[Directions] Go over the data and copy out each line with "cases" in it.

[Stored data entries]
=== Begin Enclosure ===

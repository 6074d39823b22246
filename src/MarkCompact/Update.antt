-- ===== src/MarkCompact/Update.antt =====
-- crates/gc-mod05/src/lib.rs: what `update_references` does with one object.
use gc_united.Base.{
  ℕ, zero, suc, ◌+◌, ◌*◌, ◌≤◌, ◌<◌, ◌≡◌, ◌≢◌, refl, ◌∙◌, ap, ◌⊎◌, inl, inr, arith, true, false,
  if◌then◌else◌, ◌==◌, Bool-cases, ℕ_discrete, List, has, ok,
}
use gc_united.Heap
use gc_united.Heap.{
  Memory, Heap, Handle, header_size, off_fwd, off_flags, off_size, off_nrefs, flag_mark, is_null,
  write, put32, has_bit,
}
use gc_united.Heap.Words.{SameOutside, frame16, frame32, word32-put32, word32-lt, put32-SameOutside}
use gc_united.Heap.Views.{
  nrefs_at, fwd_at, slot_at, nrefs-ok, flag-ok, forward-ok, field-ok, set_field-ok,
}
use gc_united.Heap.Chain.{Chain-has}
use gc_united.Space.Apart.{Chain-apart}
use gc_united.Marking.Graph.{IsGraph, marked_at, inside_graph, has-refs_at}
use gc_united.MarkCompact.{update_slot, update_slots, update_object}

-- Where a reference points once it is updated.
abbrev pub moved_to : Memory → Handle → Handle
moved_to m c = if is_null c then c else fwd_at m c

module _ {hp : Heap} {bs : List Handle} {top : ℕ} (g : IsGraph hp bs top) (h : Handle)
    (member : has h bs ≡ true) where
  abbrev k : ℕ
  k = nrefs_at hp.bytes h

  abbrev base : ℕ
  base = h + header_size

  -- No header meets the slots.
  header_away : (c : Handle) → has c bs ≡ true → (c + header_size ≤ base) ⊎ (base + 4 * k ≤ c)
  header_away c c_in = elim (ℕ_discrete c h) [
    | yes same ↦ inl (omega arith)
    | no other ↦
        let (_, _, block) = Chain-has hp.bytes bs 0 top c g.chain c_in in
        let big = block.big in
        let room = g.room h member in
        ground (arith, Chain-apart hp.bytes bs 0 top h c g.chain member c_in other)
  ]

  -- `m` is the memory once the slots before `i` are updated.
  module _ (i : ℕ) (m : Memory) (change : SameOutside base (base + 4 * i) hp.bytes m)
      (small : i ≤ k) where
    nrefs_kept : nrefs_at m h ≡ k
    nrefs_kept = frame16 change (h + off_nrefs) (inl (omega arith))

    slot_kept : (j : ℕ) → i ≤ j → slot_at m h j ≡ slot_at hp.bytes h j
    slot_kept j lo = frame32 change (base + 4 * j) (inr (omega arith))

    forward_kept :
        (c : Handle) → has c bs ≡ true → Heap.forward (write hp m) c ≡ ok (fwd_at hp.bytes c)
    forward_kept c c_in =
        forward-ok (write hp m) c (omega (arith, inside_graph g c c_in))
        ∙ ap ok (frame32 change (c + off_fwd) (ground (arith, header_away c c_in)))

    -- One round.
    update_slot-ok :
        i < k
        → (m' : Memory) × (update_slot (write hp m) h i ≡ ok (write hp m'))
          × SameOutside (base + 4 * i) (base + 4 * i + 4) m m'
          × (slot_at m' h i ≡ moved_to hp.bytes (slot_at hp.bytes h i))
    unfolding update_slot
    update_slot-ok small' =
        let inside = inside_graph g h member in
        let old = slot_at hp.bytes h i in
        let named : i < nrefs_at m h = omega (arith, nrefs_kept) in
        let here : Heap.field (write hp m) h i ≡ ok old =
          field-ok (write hp m) h (omega arith) i named (omega arith)
          ∙ ap ok (slot_kept i (omega arith)) in
        elim (Bool-cases (is_null old)) [
          | inl nothing ↦
              (m, rw (here, nothing) refl, (λ x o. refl), rw nothing (slot_kept i (omega arith)))
          | inr some_object ↦
              let c_in = g.closed h old member (has-refs_at hp.bytes h i small' some_object) in
              let to = fwd_at hp.bytes old in
              let m' = put32 m (base + 4 * i) to in
              let sets : Heap.set_field (write hp m) h i to ≡ ok (write hp m') =
                set_field-ok (write hp m) h (omega arith) i named (omega arith) to in
              (
                m',
                rw (here, some_object, forward_kept old c_in) sets,
                put32-SameOutside m (base + 4 * i) to _ _ (omega arith) (omega arith),
                rw some_object (
                    word32-put32 m (base + 4 * i) to
                    ∙ omega (arith, word32-lt hp.bytes (old + off_fwd) g.bytes)),
              )
        ]

  -- The rest of the loop, from slot `i` on.
  update_slots-ok :
      (n i : ℕ) (m : Memory)
      → i + n ≡ k
      → SameOutside base (base + 4 * i) hp.bytes m
      → (m' : Memory) × (update_slots (write hp m) h i n ≡ ok (write hp m'))
        × SameOutside base (base + 4 * k) hp.bytes m'
        × ((j : ℕ) → j < i → slot_at m' h j ≡ slot_at m h j)
        × ((j : ℕ) → i ≤ j → j < k → slot_at m' h j ≡ moved_to hp.bytes (slot_at hp.bytes h j))
  unfolding update_slots
  update_slots-ok zero i m e change =
      (m, refl, (λ x o. change x (ground arith)), (λ j p. refl), λ j p q. absurd (omega arith))
  update_slots-ok (suc n) i m e change =
      let (m1, runs, near, now) = update_slot-ok i m change (omega arith) (omega arith) in
      let change1 : SameOutside base (base + 4 * suc i) hp.bytes m1 =
        λ x o. near x (ground arith) ∙ change x (ground arith) in
      let (m', rest, all, before, after) = update_slots-ok n (suc i) m1 (omega arith) change1 in
      (
        m',
        rw runs rest,
        all,
        λ j p. before j (omega arith) ∙ frame32 near (base + 4 * j) (inl (omega arith)),
        λ j p q. elim (ℕ_discrete j i) [
          | yes same ↦ rw same (before i (omega arith) ∙ now)
          | no other ↦ after j (omega arith) q
        ],
      )

  -- The heap is a graph of blocks. Over a block that is not marked, or whose forwarding address is
  -- its own, the round of `update_references` changes nothing, so that its references stay at the
  -- old addresses of what they name. Over any other block it replaces each reference that is not
  -- null by the forwarding address of what it names, and changes nothing but the slots.
  pub update_object-cases :
      ((marked_at hp.bytes h ≡ false) ⊎ (fwd_at hp.bytes h ≡ h) → update_object hp h ≡ ok hp)
      × ((marked_at hp.bytes h ≡ true)
          → fwd_at hp.bytes h ≢ h
          → (m' : Memory) × (update_object hp h ≡ ok (write hp m'))
            × SameOutside base (base + 4 * k) hp.bytes m'
            × ((j : ℕ) → j < k → slot_at m' h j ≡ moved_to hp.bytes (slot_at hp.bytes h j)))
  unfolding update_object Heap.is_marked
  update_object-cases =
      let inside = inside_graph g h member in
      let reads = flag-ok hp h (omega arith) flag_mark in
      let target = forward-ok hp h (omega arith) in
      (
        λ skipped. elim skipped [
          | inl unmarked ↦ rw (reads, unmarked) refl
          | inr stays ↦ elim (Bool-cases (marked_at hp.bytes h)) [
            | inl marked ↦
                let same : (fwd_at hp.bytes h == h) ≡ true = ground arith in
                rw (reads, marked, target, same) refl
            | inr unmarked ↦ rw (reads, unmarked) refl
          ]
        ],
        λ marked moves.
            let (m', runs, all, before, after) =
              update_slots-ok k 0 hp.bytes (omega arith) (λ x o. refl) in
            let other : (fwd_at hp.bytes h == h) ≡ false = ground arith in
            (
              m',
              rw (reads, marked, target, other, nrefs-ok hp h (omega arith)) runs,
              all,
              λ j p. after j (omega arith) p,
            ),
      )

=== End Enclosure ===

[Solved problem]
  if◌then◌else◌, ◌==◌, Bool-cases, ℕ_discrete, List, has, ok,
        elim (Bool-cases (is_null old)) [
  pub update_object-cases :
  update_object-cases =
          | inr stays ↦ elim (Bool-cases (marked_at hp.bytes h)) [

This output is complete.